Multiplex Ultrasensitive Genotyping of Patients with Non-Small Cell Lung Cancer for Epidermal Growth Factor Receptor (EGFR) Mutations by Means of Picodroplet Digital PCR
Masaru Watanabe,
Tomoya Kawaguchi,
Shun-ichi Isa,
Masahiko Ando,
Akihiro Tamiya,
Akihito Kubo,
Hideo Saka,
Sadanori Takeo,
Hirofumi Adachi,
Tsutomu Tagawa,
Osamu Kawashima,
Motohiro Yamashita,
Kazuhiko Kataoka,
Yukito Ichinose,
Yukiyasu Takeuchi,
Katsuya Watanabe,
Akihide Matsumura,
Yasuhiro Koh
Affiliations
Masaru Watanabe
Third Department of Internal Medicine, Wakayama Medical University, Wakayama, Japan
Tomoya Kawaguchi
Department of Respiratory Medicine, Graduate School of Medicine, Osaka City University, Osaka, Japan
Shun-ichi Isa
Clinical Research Center, Department of Thoracic Oncology, National Hospital Organization Kinki-Chuo Chest Medical Center, Osaka, Japan
Masahiko Ando
Center for Advanced Medicine and Clinical Research, Nagoya University Hospital, Aichi, Japan
Akihiro Tamiya
Department of Internal Medicine, National Hospital Organization Kinki-Chuo Chest Medical Center, Osaka, Japan
Akihito Kubo
Division of Respiratory Medicine and Allergology, Aichi Medical University School of Medicine, Aichi, Japan
Hideo Saka
Department of Respiratory Medicine and Medical Oncology, National Hospital Organization Nagoya Medical Center, Aichi, Japan
Sadanori Takeo
Department of Thoracic Surgery, Clinical Research Institute, National Hospital Organization Kyushu Medical Center, Fukuoka, Japan
Hirofumi Adachi
Department of Thoracic Surgery, National Hospital Organization Hokkaido Cancer Center, Hokkaido, Japan
Tsutomu Tagawa
Department of Thoracic Surgery, National Hospital Organization Nagasaki Medical Center, Nagasaki, Japan
Osamu Kawashima
Department of Thoracic Surgery, National Hospital Organization Shibukawa Medical Center, Gunma, Japan
Motohiro Yamashita
Department of Thoracic Surgery, National Hospital Organization Shikoku Cancer Center, Ehime, Japan
Kazuhiko Kataoka
Department of Thoracic Surgery, National Hospital Organization Iwakuni Clinical Center, Yamaguchi, Japan
Yukito Ichinose
Clinical Research Institute, National Hospital Organization Kyushu Cancer Center, Fukuoka, Japan
Yukiyasu Takeuchi
Department of General Thoracic Surgery, National Hospital Organization Toneyama National Hospital, Osaka, Japan
Katsuya Watanabe
Department of Thoracic Surgery, National Hospital Organization Yokohama Medical Center, Kanagawa, Japan
Akihide Matsumura
Department of Surgery, National Hospital Organization Kinki-Chuo Chest Medical Center, Osaka, Japan
Yasuhiro Koh
Third Department of Internal Medicine, Wakayama Medical University, Wakayama, Japan
Epidermal growth factor receptor (EGFR) mutations have been used as the strongest predictor of effectiveness of treatment with EGFR tyrosine kinase inhibitors (TKIs).
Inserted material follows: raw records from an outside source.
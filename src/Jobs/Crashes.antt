-- ===== src/Jobs/Crashes.antt =====
-- What becomes of a job whose workers die without a report.
use Prim.Native.String.{String}
use whatsapp_os.Prelude.{
  ℕ, ◌+◌, ◌<◌, ◌≡◌, refl, true, List, [], ◌∷◌, some, arith, any, find, length, ◌-◌, ◌∙◌, ap,
}
use whatsapp_os.Prelude.Table.{find-update_many, find_holds, updated}
use whatsapp_os.Jobs.Backoff.{lock_expired_before}
use whatsapp_os.Jobs.{Job, Jobs, has_id, is_selected, pending, selected, claimed_by, claim_jobs}
use whatsapp_os.Jobs.Housekeeping.{reclaim_stalled_jobs, reclaimed_job, is_stalled}
use whatsapp_os.Jobs.Queue.{reclaim_stalled}

-- A claim by a worker that dies, and the next recovery of stalled jobs.
pub record Round : Type 0 where
  pub worker : String
  pub limit : ℕ
  pub claimed_at : ℕ
  pub recovered_at : ℕ

abbrev pub crash_round : Round → Jobs → Jobs
crash_round round jobs =
    (reclaim_stalled round.recovered_at
      (claim_jobs round.worker round.limit round.claimed_at jobs).1).1

abbrev pub crash_rounds : List Round → Jobs → Jobs
crash_rounds [] jobs = jobs
crash_rounds (round ∷ rounds) jobs = crash_rounds rounds (crash_round round jobs)

-- Each of the claims takes the job, and each recovery comes more than five minutes after its claim.
abbrev pub IsCrashing : ℕ → List Round → Jobs → Type 0
IsCrashing id [] jobs = Unit
IsCrashing id (round ∷ rounds) jobs =
    (any (has_id id) (selected round.limit round.claimed_at jobs) ≡ true)
    × (round.claimed_at + 300000 < round.recovered_at)
    × IsCrashing id rounds (crash_round round jobs)

crashed : Round → Job → Job
crashed round job = reclaimed_job (claimed_by round.worker round.claimed_at job)

find-crash_round :
    (id : ℕ) (round : Round) (jobs : Jobs) (job : Job)
    → find (has_id id) jobs ≡ some job
    → any (has_id id) (selected round.limit round.claimed_at jobs) ≡ true
    → round.claimed_at + 300000 < round.recovered_at
    → find (has_id id) (crash_round round jobs) ≡ some (crashed round job)
unfolding crashed claim_jobs reclaim_stalled reclaim_stalled_jobs lock_expired_before
find-crash_round id round jobs job found taken late =
    let own : job.id ≡ id = ground (arith, find_holds (has_id id) jobs found) in
    let is_taken : is_selected round.limit round.claimed_at jobs job ≡ true =
      ap (λ n. any (has_id n) (selected round.limit round.claimed_at jobs)) own ∙ taken in
    let claimed = claimed_by round.worker round.claimed_at job in
    let stalled : is_stalled (round.recovered_at - 300000) claimed ≡ true = ground arith in
    let running_row : find (has_id id) (claim_jobs round.worker round.limit round.claimed_at jobs).1
        ≡ some claimed =
      find-update_many (has_id id) (is_selected round.limit round.claimed_at jobs)
        (claimed_by round.worker round.claimed_at) jobs (λ row. refl)
      ∙ ap
          (updated (is_selected round.limit round.claimed_at jobs)
            (claimed_by round.worker round.claimed_at))
          found
      ∙ rw is_taken refl in
    find-update_many (has_id id) (is_stalled (round.recovered_at - 300000)) reclaimed_job
      (claim_jobs round.worker round.limit round.claimed_at jobs).1 (λ row. refl)
    ∙ ap (updated (is_stalled (round.recovered_at - 300000)) reclaimed_job) running_row
    ∙ rw stalled refl

-- Whatever other jobs there are: a pending job that one claim after another takes, each by a worker
-- that dies without a report, is pending again after the recoveries; its attempts are counted and not
-- compared with its maximum.
pub crash_rounds_revive :
    (id : ℕ) (rounds : List Round) (jobs : Jobs) (job : Job)
    → find (has_id id) jobs ≡ some job
    → job.status ≡ pending
    → IsCrashing id rounds jobs
    → (row : Job) × (find (has_id id) (crash_rounds rounds jobs) ≡ some row)
      × (row.status ≡ pending)
      × (row.attempts ≡ job.attempts + length rounds)
      × (row.max_attempts ≡ job.max_attempts)
unfolding crashed
crash_rounds_revive id [] jobs job found free crashing = (job, found, free, omega arith, refl)
crash_rounds_revive id (round ∷ rounds) jobs job found free (taken, late, later) =
    let (row, reached, again, count, same) =
      crash_rounds_revive id rounds (crash_round round jobs) (crashed round job)
        (find-crash_round id round jobs job found taken late) refl later in
    (row, reached, again, omega arith, same)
Three most common EGFR mutations (L858R, exon 19 deletion, and T790M) are known to be major selection markers for EGFR-TKIs therapy. Here, we developed a multiplex picodroplet digital PCR (ddPCR) assay to detect 3 common EGFR mutations in 1 reaction. Serial-dilution experiments with genomic DNA harboring EGFR mutations revealed linear performance, with analytical sensitivity ~0.01% for each mutation. All 33 EGFR-activating mutations detected in formalin-fixed paraffin-embedded (FFPE) tissue samples by the conventional method were also detected by this multiplex assay. Owing to the higher sensitivity, an additional mutation (T790M; including an ultra-low-level mutation, <0.1%) was detected in the same reaction. Regression analysis of the duplex assay and multiplex assay showed a correlation coefficient (R2) of 0.9986 for L858R, 0.9844 for an exon 19 deletion, and 0.9959 for T790M. Using ddPCR, we designed a multiplex ultrasensitive genotyping platform for 3 common EGFR mutations. Results of this proof-of-principle study on clinical samples indicate clinical utility of multiplex ddPCR for screening for multiple EGFR mutations concurrently with an ultra-rare pretreatment mutation (T790M).